On les avait quittés dans le bassin de Shanghai auréolés d’un titre de champion du monde partagé sur 100m dos. C’est bien loin de la Chine, à Nancy, que Camille Lacourt et Jérémy Stravius se sont retrouvés pour leur premier bain de l’année. Un stage à la Martinique pour le premier, un voyage en Afrique du Sud pour le deuxième et les voilà lancés dans leur préparation olympique avec, en ligne de mire, le titre à Londres. Et dans la moiteur de la piscine Alfred-Nakache, c’est le Marseillais qui a enlevé la première manche. Sans contestation. Vainqueur de la finale en 53’’59, Lacourt a réalisé la deuxième performance de l’année (53’’55 pour l’Américain Matthew Grevers) loin devant les Amiénois Stravius (54’’83) et Stasiulis (54’’94).

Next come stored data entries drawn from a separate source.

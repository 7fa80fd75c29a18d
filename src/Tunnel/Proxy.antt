-- ===== src/Tunnel/Proxy.antt =====
-- `handle_proxy_stream` of src/tunnel.rs.
use argo_rust.Config.{Lowering}
use argo_rust.Base.{
  Bool, ◌||◌, List, [], ◌∷◌, ◌++◌, none, some, Str, codes, str_eq, starts_with, Result, ok, err,
  ok_or, ◌>>=◌, if◌then◌else◌,
}
use argo_rust.CapnpRpc.Bytes.{Bytes}
use argo_rust.Http.{HeaderMap, Uri, Request, Response, HttpLib}
use argo_rust.Ingress.Rules.{IngressTable, resolve}
use argo_rust.Origin.{dispatch, bad_gateway, not_found}
use argo_rust.Tunnel.Headers.{
  hdr_upgrade, hdr_resp_headers, content_length, drain_body, rewrite_uri, serialize_headers,
  header_text,
}

-- A request of the edge whose body arrives in chunks.
pub record Incoming : Type 0 where
  pub method : Str
  pub uri : Uri
  pub headers : HeaderMap
  pub chunks : List (Result Str Bytes)

abbrev pub is_dropped : Str → Bool
is_dropped k = starts_with (codes ":") k || str_eq k (codes "host") || str_eq k hdr_upgrade

-- `Result::unwrap_or_else`, with an answer that does not depend on the error.
abbrev pub or_answer : Result Str Response → Response → Response
or_answer (ok r) d = r
or_answer (err e) d = d

-- `wide` is what lower case takes from Unicode's tables.
module _ (lib : HttpLib) (wide : Lowering) where
  unfoldable pub copy_headers : HeaderMap → HeaderMap → HeaderMap
  copy_headers [] into = into
  copy_headers ((k, v) ∷ headers) into =
      if is_dropped k then copy_headers headers into else copy_headers headers (lib.insert into k v)

  unfoldable pub origin_request : Incoming → Uri → Request
  unfolding copy_headers drain_body
  origin_request req uri = record {
    method = req.method;
    uri = uri;
    headers = copy_headers req.headers [];
    body = drain_body req.chunks;
  }

  unfoldable pub origin_response : IngressTable → Incoming → Result Str Response
  unfolding rewrite_uri origin_request not_found bad_gateway
  origin_response table req =
      elim (resolve wide table (header_text lib req.headers (codes "host")) req.uri.path) [
        | none ↦ ok not_found
        | some rule ↦ do
          uri ← rewrite_uri lib req.uri rule.service
          ok (or_answer (dispatch lib rule (origin_request req uri)) bad_gateway)
      ]

  abbrev pub length_header : HeaderMap → List (Str × Bytes)
  length_header headers = elim (lib.get headers content_length) [
    | none ↦ []
    | some v ↦ (content_length, v) ∷ []
  ]

  -- What is sent to the edge: its body is empty exactly when the stream ends with the head.
  unfoldable pub handle_proxy_stream : IngressTable → Incoming → Result Str Response
  unfolding origin_response serialize_headers
  handle_proxy_stream table req = do
    origin_resp ← origin_response table req
    value ←
        ok_or (lib.header_value (serialize_headers lib origin_resp.headers))
          (codes "invalid header")
    headers ←
        ok_or
          (lib.from_headers (length_header origin_resp.headers ++ (hdr_resp_headers, value) ∷ []))
          (codes "invalid header")
    ok (record { status = origin_resp.status; headers = headers; body = origin_resp.body })
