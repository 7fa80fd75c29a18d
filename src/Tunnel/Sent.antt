-- ===== src/Tunnel/Sent.antt =====
-- Which headers of a request of the edge an origin gets, behind `handle_proxy_stream` of src/tunnel.rs
-- and `forward_http` of src/origin.rs.
use argo_rust.Base.{
  not, ◌≡◌, ◌↔◌, ◌⊎◌, inl, inr, refl, sym, ap, subst, ◌∙◌, ℕ, Bool, true, false, Bool-cases, List,
  [], ◌∷◌, ◌++◌, map, Option, none, some, Option-cases, Str, codes, str_eq, str_eq_iff,
  if◌then◌else◌,
}
use argo_rust.CapnpRpc.Bytes.{Bytes}
use argo_rust.Config.{Lowering}
use argo_rust.Http.{HeaderMap, Uri, HttpLib}
use argo_rust.Origin.{is_hop_by_hop, raw_request}
use argo_rust.Origin.HeadReader.{read_head}
use argo_rust.Origin.RequestHead.{
  forwarded, HasPlainHead, request_line, host_line, length_lines, read_head-raw_request,
}
use argo_rust.Tunnel.Proxy.{Incoming, is_dropped, copy_headers, origin_request}

-- The entries of a list.
abbrev pub In : {A : Type 0} → A → List A → Type 0
In x [] = ⊥
In x (y ∷ ys) = (x ≡ y) ⊎ In x ys

-- What the crate http promises of an insertion into a header map, by what an iteration gives: under
-- the name stands the new value alone, and the entries of other names stay.
pub record InsertLaws (lib : HttpLib) : Type 0 where
  pub insert_self : (m : HeaderMap) (k : Str) (v w : Bytes) → In (k, w) (lib.insert m k v) ↔ (v ≡ w)
  pub insert_other :
      (m : HeaderMap) (k : Str) (v : Bytes) (n : Str) (w : Bytes)
      → str_eq k n ≡ false
      → In (n, w) (lib.insert m k v) ↔ In (n, w) m

-- The value that stands last under a name.
abbrev pub last_value : Str → HeaderMap → Option Bytes → Option Bytes
last_value name [] before = before
last_value name ((k, v) ∷ headers) before =
    last_value name headers (if str_eq k name then some v else before)

-- The entries under a name are the value, if there is one.
abbrev Represents : Str → HeaderMap → Option Bytes → Type 0
Represents name m o = (w : Bytes) → In (name, w) m ↔ (o ≡ some w)

-- A header as a line.
abbrev pub show : Str × Str → Str
show (k, text) = k ++ (codes ": " ++ text)

some-eq {ℓ} : {A : Type ℓ} {a b : A} → (a ≡ b) ↔ (some a ≡ some b)
some-eq = (λ e. ap some e, λ e. cc e)

trans_iff {ℓ κ μ} : {A : Type ℓ} {B : Type κ} {C : Type μ} → A ↔ B → B ↔ C → A ↔ C
trans_iff (f, g) (h, k) = (λ a. h (f a), λ c. g (k c))

-- Names of which one is dropped and one is not are different.
differ :
    {b : Bool} (k name : Str) → is_dropped k ≡ b → is_dropped name ≡ not b → str_eq k name ≡ false
differ {b = b} k name p q = elim (Bool-cases (str_eq k name)) [
  | inl same ↦
      absurd (apart b (sym (subst (λ n. is_dropped n ≡ b) ((str_eq_iff k name).0 same) p) ∙ q))
  | inr other ↦ other
]
  where
    apart : (b : Bool) → b ≡ not b → ⊥
    apart true e = cc e
    apart false e = cc e

module _ (lib : HttpLib) (wide : Lowering) (laws : InsertLaws lib) (name : Str) where
  insert-Represents :
      (m : HeaderMap) (k : Str) (v : Bytes) (o : Option Bytes)
      → Represents name m o
      → Represents name (lib.insert m k v) (if str_eq k name then some v else o)
  insert-Represents m k v o h w = elim (Bool-cases (str_eq k name)) [
    | inl same ↦ rw same (
        subst (λ n. In (n, w) (lib.insert m k v) ↔ (some v ≡ some w)) ((str_eq_iff k name).0 same)
          (trans_iff (laws.insert_self m k v w) some-eq))
    | inr other ↦ rw other (trans_iff (laws.insert_other m k v name w other) (h w))
  ]

  copied-Represents :
      (headers into : HeaderMap) (o : Option Bytes)
      → is_dropped name ≡ false
      → Represents name into o
      → Represents name (copy_headers lib wide headers into) (last_value name headers o)
  unfolding copy_headers
  copied-Represents [] into o kept h = h
  copied-Represents ((k, v) ∷ headers) into o kept h = elim (Bool-cases (is_dropped k)) [
    | inl dropped ↦
        rw (dropped, differ k name dropped kept) (copied-Represents headers into o kept h)
    | inr copied ↦ rw copied (
        copied-Represents headers (lib.insert into k v) (if str_eq k name then some v else o) kept
          (insert-Represents into k v o h))
  ]

  dropped-Represents :
      (headers into : HeaderMap) (o : Option Bytes)
      → is_dropped name ≡ true
      → Represents name into o
      → Represents name (copy_headers lib wide headers into) o
  unfolding copy_headers
  dropped-Represents [] into o dropped h = h
  dropped-Represents ((k, v) ∷ headers) into o dropped h = elim (Bool-cases (is_dropped k)) [
    | inl skipped ↦ rw skipped (dropped-Represents headers into o dropped h)
    | inr copied ↦ rw copied (
        dropped-Represents headers (lib.insert into k v) o dropped
          (λ w. trans_iff (laws.insert_other into k v name w (differ k name copied dropped)) (h w)))
  ]

module _ (lib : HttpLib) where
  -- The headers that `forward_http` writes, with their texts.
  abbrev pub sent : HeaderMap → List (Str × Str)
  sent [] = []
  sent ((k, v) ∷ headers) =
      let rest = sent headers in
      if is_hop_by_hop k
      then rest
      else (elim (lib.to_str v) [ none ↦ rest | some text ↦ (k, text) ∷ rest ])

  forwarded-sent : (headers : HeaderMap) → forwarded lib headers ≡ map show (sent headers)
  forwarded-sent [] = refl
  forwarded-sent ((k, v) ∷ headers) = elim (Bool-cases (is_hop_by_hop k)) [
    | inl hop ↦ rw hop (forwarded-sent headers)
    | inr kept ↦ elim (Option-cases (lib.to_str v)) [
      | inl no_text ↦ rw (kept, no_text) (forwarded-sent headers)
      | inr (text, e) ↦
          rw (kept, e) (ap (λ (r : List Str). show (k, text) ∷ r) (forwarded-sent headers))
    ]
  ]

  abbrev Passes : HeaderMap → Str → Str → Type 0
  Passes headers name text =
      (is_hop_by_hop name ≡ false) × (v : Bytes) × In (name, v) headers × (lib.to_str v ≡ some text)

  sent-Passes :
      (headers : HeaderMap) (name text : Str)
      → In (name, text) (sent headers)
      → Passes headers name text
  sent-Passes [] name text m = absurd m
  sent-Passes ((k, v) ∷ headers) name text m = elim (Bool-cases (is_hop_by_hop k)) [
    | inl hop ↦ later (sent-Passes headers name text (rw hop at m))
    | inr kept ↦ elim (Option-cases (lib.to_str v)) [
      | inl no_text ↦ later (sent-Passes headers name text (rw (kept, no_text) at m))
      | inr (t, e) ↦ entry t kept e (sent-Passes headers name text) (rw (kept, e) at m)
    ]
  ]
    where
      later : Passes headers name text → Passes ((k, v) ∷ headers) name text
      later (kept, w, m, e) = (kept, w, inr m, e)

      entry :
          (t : Str)
          → is_hop_by_hop k ≡ false
          → lib.to_str v ≡ some t
          → (In (name, text) (sent headers) → Passes headers name text)
          → In (name, text) ((k, t) ∷ sent headers)
          → Passes ((k, v) ∷ headers) name text
      entry t kept e others (inl same) = (
        subst (λ n. is_hop_by_hop n ≡ false) (sym (ap (λ p. p.0) same)) kept,
        v,
        inl (ap (λ p. (p.0, v)) same),
        e ∙ ap (λ p. some p.1) (sym same),
      )
      entry t kept e others (inr rest) = later (others rest)

  Passes-sent :
      (headers : HeaderMap) (name text : Str)
      → Passes headers name text
      → In (name, text) (sent headers)
  Passes-sent [] name text (kept, w, m, e) = absurd m
  Passes-sent ((k, v) ∷ headers) name text (kept, w, inl same, e) =
      let passes : is_hop_by_hop k ≡ false =
        subst (λ n. is_hop_by_hop n ≡ false) (ap (λ p. p.0) same) kept in
      let has_text : lib.to_str v ≡ some text =
        subst (λ b. lib.to_str b ≡ some text) (ap (λ p. p.1) same) e in
      rw (passes, has_text) (inl (ap (λ p. (p.0, text)) same))
  Passes-sent ((k, v) ∷ headers) name text (kept, w, inr m, e) =
      let rest = Passes-sent headers name text (kept, w, m, e) in
      elim (Bool-cases (is_hop_by_hop k)) [
        | inl hop ↦ rw hop rest
        | inr passes ↦ elim (Option-cases (lib.to_str v)) [
          | inl no_text ↦ rw (passes, no_text) rest
          | inr (t, has_text) ↦ rw (passes, has_text) (inr rest)
        ]
      ]

module _ (lib : HttpLib) (wide : Lowering) (laws : InsertLaws lib) where
  -- The text that a request has under a name for the origin: what `handle_proxy_stream` does not drop,
  -- `forward_http` passes on, and stands last under the name.
  abbrev pub Gets : Incoming → Str → Str → Type 0
  Gets req name text =
      (is_dropped name ≡ false)
      × (is_hop_by_hop name ≡ false)
      × (v : Bytes) × (last_value name req.headers none ≡ some v)
      × (lib.to_str v ≡ some text)

  empty-Represents : (name : Str) → Represents name [] none
  empty-Represents name w = (λ m. absurd m, λ e. absurd (cc e))

  sent_iff :
      (req : Incoming) (uri : Uri) (name text : Str)
      → In (name, text) (sent lib (origin_request lib wide req uri).headers) ↔ Gets req name text
  unfolding origin_request
  sent_iff req uri name text = (
    λ m.
        let (passes, v, entry, e) =
          sent-Passes lib (copy_headers lib wide req.headers []) name text m in
        elim (Bool-cases (is_dropped name)) [
          | inl dropped ↦ absurd (
              cc (
                (dropped-Represents lib wide laws name req.headers [] none dropped
                    (empty-Represents name) v).0
                  entry))
          | inr kept ↦ (
            kept,
            passes,
            v,
            (copied-Represents lib wide laws name req.headers [] none kept (empty-Represents name)
                  v).0
                entry,
            e,
          )
        ],
    λ (kept, passes, v, last, e). Passes-sent lib (copy_headers lib wide req.headers []) name text (
      passes,
      v,
      (copied-Represents lib wide laws name req.headers [] none kept (empty-Represents name) v).1
          last,
      e,
    ),
  )

  -- What a server reads from the bytes that `forward_http` writes for a request of the edge, where no
  -- carriage return stands in the head: the request line, the host, then a line for each of some
  -- headers, the length and the end of the connection, and the body. A name and a text are among
  -- those headers exactly when the text is that of the last value under the name, and the name is
  -- none of those that `handle_proxy_stream` drops and none of those that `forward_http` leaves out.
  pub raw_request-Gets :
      (req : Incoming) (uri : Uri) (host : Str) (port : ℕ)
      → HasPlainHead lib host (origin_request lib wide req uri)
      → (headers : List (Str × Str)) × (read_head true
            (raw_request lib host port (origin_request lib wide req uri))
          ≡ some (
            request_line lib (origin_request lib wide req uri)
                ∷ host_line lib host port
                ∷ (map show headers
                    ++ (length_lines lib (origin_request lib wide req uri).body
                        ++ codes "Connection: close" ∷ [])),
            (origin_request lib wide req uri).body,
          ))
        × ((name text : Str) → In (name, text) headers ↔ Gets req name text)
  raw_request-Gets req uri host port plain =
      let built = origin_request lib wide req uri in
      (
        sent lib built.headers,
        subst
            (λ lines.
              read_head true (raw_request lib host port built)
              ≡ some (
                request_line lib built
                    ∷ host_line lib host port
                    ∷ (lines ++ (length_lines lib built.body ++ codes "Connection: close" ∷ [])),
                built.body,
              ))
            (forwarded-sent lib built.headers) (read_head-raw_request lib host port built plain),
        sent_iff req uri,
      )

Alors forcément, du côté de la zone d’interview, les réactions étaient contrastées. « Je suis très déçu du temps. Je n’arrive pas à trouver ma vitesse. Je crois que je vais devoir changer des choses pour mon entraînement », pestait Stravius, pourtant en forme le matin avec le meilleur temps des séries du 100m NL (49’’61) avant de décider de faire l’impasse. Pas très loin de là, et sans aucun regard pour sa victime du jour, Lacourt laissait lui échapper un cri de joie avant d’enchaîner : « Je suis très satisfait du temps et de la manière. Je profite du travail qui a été fait et ça se voit dans l’eau. Je ne savais pas trop à quoi m’attendre. J’étais là pour prendre des repères. Je m’en suis tenu aux plans. Ça fait un bon point dans la confiance. »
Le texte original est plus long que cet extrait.